Satoshi Murakami1, Tay Lea Tien2, Rohayu Bte Che Omar3, Tomomi Nishigaya1, Nazirah Aziza4, R. Roslan3, I. N. Z. Baharuddin3, Habibah Hj Lateh4, Naoki Sakai5
1Urban & Civil Engineering, Ibaraki University, Japan
2School of Electrical and Electronic Engineering, Universiti Sains Malaysia, Malaysia
3Civil Engineering, Universiti Tenaga Nasional, Malaysia
4School of Distance Education, Universiti Sains Malaysia, Malaysia
5National Research Institute for Earth Science and Disaster Prevention, Japan
Correspondence to: Satoshi Murakami, Urban & Civil Engineering, Ibaraki University, Japan.
Email: | |
Copyright © 2014 Scientific & Academic Publishing. All Rights Reserved.
Abstract
Recently, slope disaster has occurred in regions around urban area and along highways in Malay Peninsula. The disaster is a major factor that disturbs the sustainable development in the country. It is important to understand high potential regions of landslide and to predict slope disaster based on geotechnical and geological engineering for a sustainable development. Historical data of slope disaster helps us to understand the regional characteristics of landslide and the mechanism. The purpose of this study is to develop a historical landslide database in Malay Peninsula. The database can be available on GIS. The developed historical landslide database has been used with related information to landslide on GIS for investigation of characteristics of landslide in Malay Peninsula.

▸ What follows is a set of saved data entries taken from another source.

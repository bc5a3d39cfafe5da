-- ===== src/Render/Validate/SoundRules.antt =====
-- What holds of the rules that have no issue.
use edge_caddy.Prelude.{
  ℕ, ◌+◌, Bool, true, false, not, str_append, eq_iff, eq_refl, ap, ◌∙◌, some, none, ◌&&◌, ◌||◌,
  String, str_eq, List, [], ◌∷◌, ◌++◌, ◌≡◌, refl, sym, if◌then◌else◌, has, Bool-cases, inl, inr,
  All,
}
use edge_caddy.Render.Go.{Go}
use edge_caddy.Render.Resources.{Filter, Rule}
use edge_caddy.Render.Validate.{
  Issue, issue, require, within, needs_name, filter_op_allowed, is_any, filter_ops, filter_issues,
  filters_issues, apply_to_issues, rule_spec_issues, is_live, rule_issues, rules_issues,
}
use edge_caddy.Render.Validate.Fresh.{Fresh, append-[], require-[], is_false, and_true}
use edge_caddy.Render.Caddy.{Condition}
use edge_caddy.Render.Access.{filter_condition}
use edge_caddy.Render.Access.Spec.{is_known, all_known, has_unknown}

abbrev pub kinds : List String
kinds =
    "ip_whitelist" ∷ "ip_blacklist" ∷ "request_filter" ∷ "service_secret" ∷ "rate_limit"
    ∷ "geo_block" ∷ "jwt_bearer" ∷ []

str_eq_sym : (a b : String) → str_eq a b ≡ str_eq b a
str_eq_sym a b = both (str_eq a b) (str_eq b a) refl refl
  where
    both : (x y : Bool) → str_eq a b ≡ x → str_eq b a ≡ y → x ≡ y
    both true true e f = refl
    both false false e f = refl
    both true false e f = sym (eq_refl b) ∙ sym (ap (λ c. str_eq b c) ((eq_iff a b).0 e)) ∙ f
    both false true e f = sym e ∙ ap (λ c. str_eq a c) ((eq_iff b a).0 f) ∙ eq_refl a

module _ (go : Go) where
  -- The rules that are enabled and apply to some domain.
  abbrev pub live : List Rule → List Rule
  live [] = []
  live (rule ∷ rules) = let rest = live rules in if is_live go rule then rule ∷ rest else rest

  abbrev pub ids_of : List Rule → List String
  ids_of [] = []
  ids_of (rule ∷ rules) = rule.id ∷ ids_of rules

  known_case :
      (p u r h q : Bool) (a b c d e : Condition)
      → is_any {A = String} (
          if p || (u || (r || (h || false)))
          then "contains" ∷ "prefix" ∷ "suffix" ∷ "equals" ∷ "regex" ∷ []
          else if q
          then "equals" ∷ []
          else [])
        ≡ true
      → is_known (
          if p
          then some a
          else if u
          then some b
          else if r
          then some c
          else if h
          then some d
          else if q
          then some e
          else none)
        ≡ true
  known_case true u r h q a b c d e some_op = refl
  known_case false true r h q a b c d e some_op = refl
  known_case false false true h q a b c d e some_op = refl
  known_case false false false true q a b c d e some_op = refl
  known_case false false false false true a b c d e some_op = refl
  known_case false false false false false a b c d e some_op = cc

  filter_condition-known :
      (f : Filter) → is_any (filter_ops f.field) ≡ true → is_known (filter_condition go f) ≡ true
  unfolding filter_ops filter_condition
  filter_condition-known f some_op =
      rw
        (
          str_eq_sym f.field "path",
          str_eq_sym f.field "user_agent",
          str_eq_sym f.field "referer",
          str_eq_sym f.field "header",
        )
        (known_case (str_eq "path" f.field) (str_eq "user_agent" f.field) (str_eq "referer" f.field)
          (str_eq "header" f.field) (str_eq f.field "query") _ _ _ _ _ some_op)

  filter_issues-[] :
      (key : String) (i : ℕ) (f : Filter)
      → filter_issues go key i f ≡ []
      → is_known (filter_condition go f) ≡ true
  unfolding filter_issues
  filter_issues-[] key i f clean =
      known_field (is_any (filter_ops f.field)) refl (append-[] _ _ clean).0
    where
      known_field :
          (b : Bool)
          → is_any (filter_ops f.field) ≡ b
          → (if b
              then require
                  (not (needs_name f.field && str_eq f.name ""))
                  key
                  (within "spec.filters" i "name")
                ++ require (filter_op_allowed f.field f.op) key (within "spec.filters" i "op")
              else issue key (within "spec.filters" i "field"))
            ≡ []
          → is_known (filter_condition go f) ≡ true
      known_field true some_op none_at = filter_condition-known f some_op
      known_field false no_op some_at = cc

  filters_issues-[] :
      (key : String) (i : ℕ) (fs : List Filter)
      → filters_issues go key i fs ≡ []
      → all_known go fs ≡ true
  unfolding filters_issues
  filters_issues-[] key i [] clean = refl
  filters_issues-[] key i (f ∷ fs) clean =
      let both = append-[] _ _ clean in
      rw (filter_issues-[] key i f both.0, filters_issues-[] key (i + 1) fs both.1) refl

  second_case :
      (b c : Bool) (x y z : List Issue)
      → b ≡ false
      → c ≡ true
      → (if b then x else if c then y else z) ≡ []
      → y ≡ []
  second_case true c x y z b _ _ = cc
  second_case false true x y z _ _ h = h
  second_case false false x y z _ c _ = cc

  rule_spec_issues-[] :
      (rule : Rule) (key : String) → rule_spec_issues go rule key ≡ [] → has_unknown go rule ≡ false
  unfolding rule_spec_issues
  rule_spec_issues-[] rule key clean = elim (Bool-cases (str_eq rule.kind "request_filter")) [
    | inl filters ↦
        let no_ips =
          ap (λ k. has k ("ip_whitelist" ∷ "ip_blacklist" ∷ [])) ((eq_iff _ _).0 filters) in
        let clean_filters = append-[] _ _ (second_case _ _ _ _ _ no_ips filters clean) in
        rw (filters, filters_issues-[] key 0 rule.spec.filters clean_filters.1) refl
    | inr other ↦ rw other refl
  ]

  apply_to_issues-[] :
      (key : String) (domains : List String) (i : ℕ) (ds : List String)
      → apply_to_issues go key domains i ds ≡ []
      → All (λ d. has d domains ≡ true) ds
  unfolding apply_to_issues
  apply_to_issues-[] key domains i [] clean = tt
  apply_to_issues-[] key domains i (d ∷ ds) clean =
      let both = append-[] _ _ clean in
      (require-[] _ _ _ both.0, apply_to_issues-[] key domains (i + 1) ds both.1)

  -- The rule applies to domains that have a route, and its filters can be matched.
  abbrev pub IsSoundRule : List String → Rule → Type 0
  IsSoundRule domains rule =
      All (λ d. has d domains ≡ true) rule.apply_to × (has_unknown go rule ≡ false)

  rule_issues-[] :
      (seen domains : List String) (rule : Rule)
      → rule_issues go seen domains rule ≡ []
      → (has rule.id seen ≡ false) × IsSoundRule domains rule
  unfolding rule_issues
  rule_issues-[] seen domains rule clean =
      let first = append-[] _ _ clean in
      let key = str_append "rule:" rule.id in
      let second =
        append-[] (apply_to_issues go key domains 0 rule.apply_to) (rule_spec_issues go rule key)
          first.1 in
      (
        is_false _ (and_true _ _ (require-[] _ _ _ first.0)).1,
        (
          apply_to_issues-[] key domains 0 rule.apply_to second.0,
          rule_spec_issues-[] rule key second.1,
        ),
      )

  pub rules_issues-[] :
      (seen domains : List String) (rules : List Rule)
      → rules_issues go seen domains rules ≡ []
      → Fresh seen (ids_of (live rules)) × All (IsSoundRule domains) (live rules)
  unfolding rules_issues
  rules_issues-[] seen domains [] clean = (tt, tt)
  rules_issues-[] seen domains (rule ∷ rules) clean =
      by_liveness (is_live go rule) (rules_issues-[] seen domains rules)
        (rules_issues-[] (rule.id ∷ seen) domains rules) clean
    where
      by_liveness :
          (b : Bool)
          → (rules_issues go seen domains rules ≡ []
              → Fresh seen (ids_of (live rules)) × All (IsSoundRule domains) (live rules))
          → (rules_issues go (rule.id ∷ seen) domains rules ≡ []
              → Fresh (rule.id ∷ seen) (ids_of (live rules))
                × All (IsSoundRule domains) (live rules))
          → (if b
              then rule_issues go seen domains rule
                ++ rules_issues go (rule.id ∷ seen) domains rules
              else rules_issues go seen domains rules)
            ≡ []
          → Fresh seen (ids_of (if b then rule ∷ live rules else live rules))
            × All (IsSoundRule domains) (if b then rule ∷ live rules else live rules)
      by_liveness true skipped later clean =
          let both = append-[] _ _ clean in
          let one = rule_issues-[] seen domains rule both.0 in
          let rest = later both.1 in ((one.0, rest.0), (one.1, rest.1))
      by_liveness false skipped later clean = skipped clean

  -- What holds of the live rules, said of all.
  pub live-All :
      (P : Rule → Type 0) (rules : List Rule)
      → All P (live rules)
      → All (λ r. is_live go r ≡ true → P r) rules
  live-All P [] all = tt
  live-All P (rule ∷ rules) all = by_liveness (is_live go rule) refl (live-All P rules) all
    where
      by_liveness :
          (b : Bool)
          → is_live go rule ≡ b
          → (All P (live rules) → All (λ r. is_live go r ≡ true → P r) rules)
          → All P (if b then rule ∷ live rules else live rules)
          → (is_live go rule ≡ true → P rule) × All (λ r. is_live go r ≡ true → P r) rules
      by_liveness true on rest all = ((λ on. all.0), rest all.1)
      by_liveness false off rest all = ((λ on. cc), rest all)
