-- ===== src/Render/Validate/Sound.antt =====
-- What an empty list of issues says of the resources together.
use edge_caddy.Prelude.{List, [], ◌≡◌, All, All-map}
use edge_caddy.Render.Go.{Go}
use edge_caddy.Render.Resources.{Rule, Route}
use edge_caddy.Render.Validate.{domains_of, validate}
use edge_caddy.Render.Validate.Fresh.{IsUnique, Fresh-IsUnique, append-[]}
use edge_caddy.Render.Validate.SoundRoutes.{IsSoundRoute, routes_issues-[]}
use edge_caddy.Render.Validate.SoundRules.{live, ids_of, IsSoundRule, live-All, rules_issues-[]}
use edge_caddy.Render.Access.Spec.{HasKnownFilters, IsRenderable}

module _ (go : Go) where
  -- Resources without an issue are sound: no two routes have one domain, each route has a domain and
  -- an upstream in the right form and a whitelist of addresses, no two live rules have one ID, and
  -- each live rule applies to domains that have a route and has filters that can be matched.
  pub validate-IsSound :
      (routes : List Route) (rules : List Rule)
      → validate go routes rules ≡ []
      → IsUnique (domains_of go routes)
        × (All (IsSoundRoute go) routes
            × (IsUnique (ids_of go (live go rules))
                × All (IsSoundRule go (domains_of go routes)) (live go rules)))
  unfolding validate
  validate-IsSound routes rules clean =
      let both = append-[] _ _ clean in
      let of_routes = routes_issues-[] go [] routes both.0 in
      let of_rules = rules_issues-[] go [] (domains_of go routes) rules both.1 in
      (
        Fresh-IsUnique [] (domains_of go routes) of_routes.0,
        (of_routes.1, (Fresh-IsUnique [] (ids_of go (live go rules)) of_rules.0, of_rules.1)),
      )

  pub validate-IsRenderable :
      (routes : List Route) (rules : List Rule)
      → validate go routes rules ≡ []
      → All (IsRenderable go) (go.sort_rules rules)
  validate-IsRenderable routes rules clean = go.sort_rules-All (IsRenderable go) rules (
      live-All go (HasKnownFilters go) rules (
        All-map (λ rule sound. sound.1) (live go rules)
          (validate-IsSound routes rules clean).1.1.1))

In order to evaluate the hazard of slope failure in the whole Malay Peninsula, the spatial relationships between locations of historical landslides and the related information with slope failure have been investigated. Finally, the locations of historical landslide events are plotted on the proposed hazard map for confirming the applicability.
Keywords:
Landslide, Database, Historical record, Hazard map, GIS
Cite this paper: Satoshi Murakami, Tay Lea Tien, Rohayu Bte Che Omar, Tomomi Nishigaya, Nazirah Aziza, R. Roslan, I. N. Z. Baharuddin, Habibah Hj Lateh, Naoki Sakai, Landslides Hazard Map in Malay Peninsula by Using Historical Landslide Database and Related Information, Journal of Civil Engineering Research, Vol. 4 No. 3A, 2014, pp. 54-58. doi: 10.5923/c.jce.201402.08.
1. Introduction
Recently, slope disaster has occurred in regions around urban area and along highways in Malay Peninsula [1]. The disaster is a major factor that disturbs the sustainable development in the country. It is important for sustainable development unit to understand high potential regions of landslide and to predict slope disaster based on geotechnical and geological engineering. Historical data of slope disaster helps us to understand the regional characteristics of landslide and the mechanism. Although we can use some reports of regional landslide in Malay Peninsula, there is no available historical database of landslides in whole of the Malay Peninsula.The purpose of this study is to develop a historical landslide database in Malay Peninsula that can be available to spatial analysis on GIS (Geographic Information System). First of all, historical landside that should be included in a database has been defined because there are enormous of landslide in the whole Malay Peninsula and their types are from small scale to large one. Subsequently, historical records of landslides have been collected from national reports, technical papers, newspapers and so on related to slope disaster. And then, the historical landslides have been digitized as database on GIS. After that, the developed historical landslide database has been used with related information to landslide on GIS for investigation of characteristics of landslide in Malay Peninsula. Finally, in order to confirm the applicability of the landslide hazard map proposed in the previous study, the locations of historical landslide events are plotted on the map.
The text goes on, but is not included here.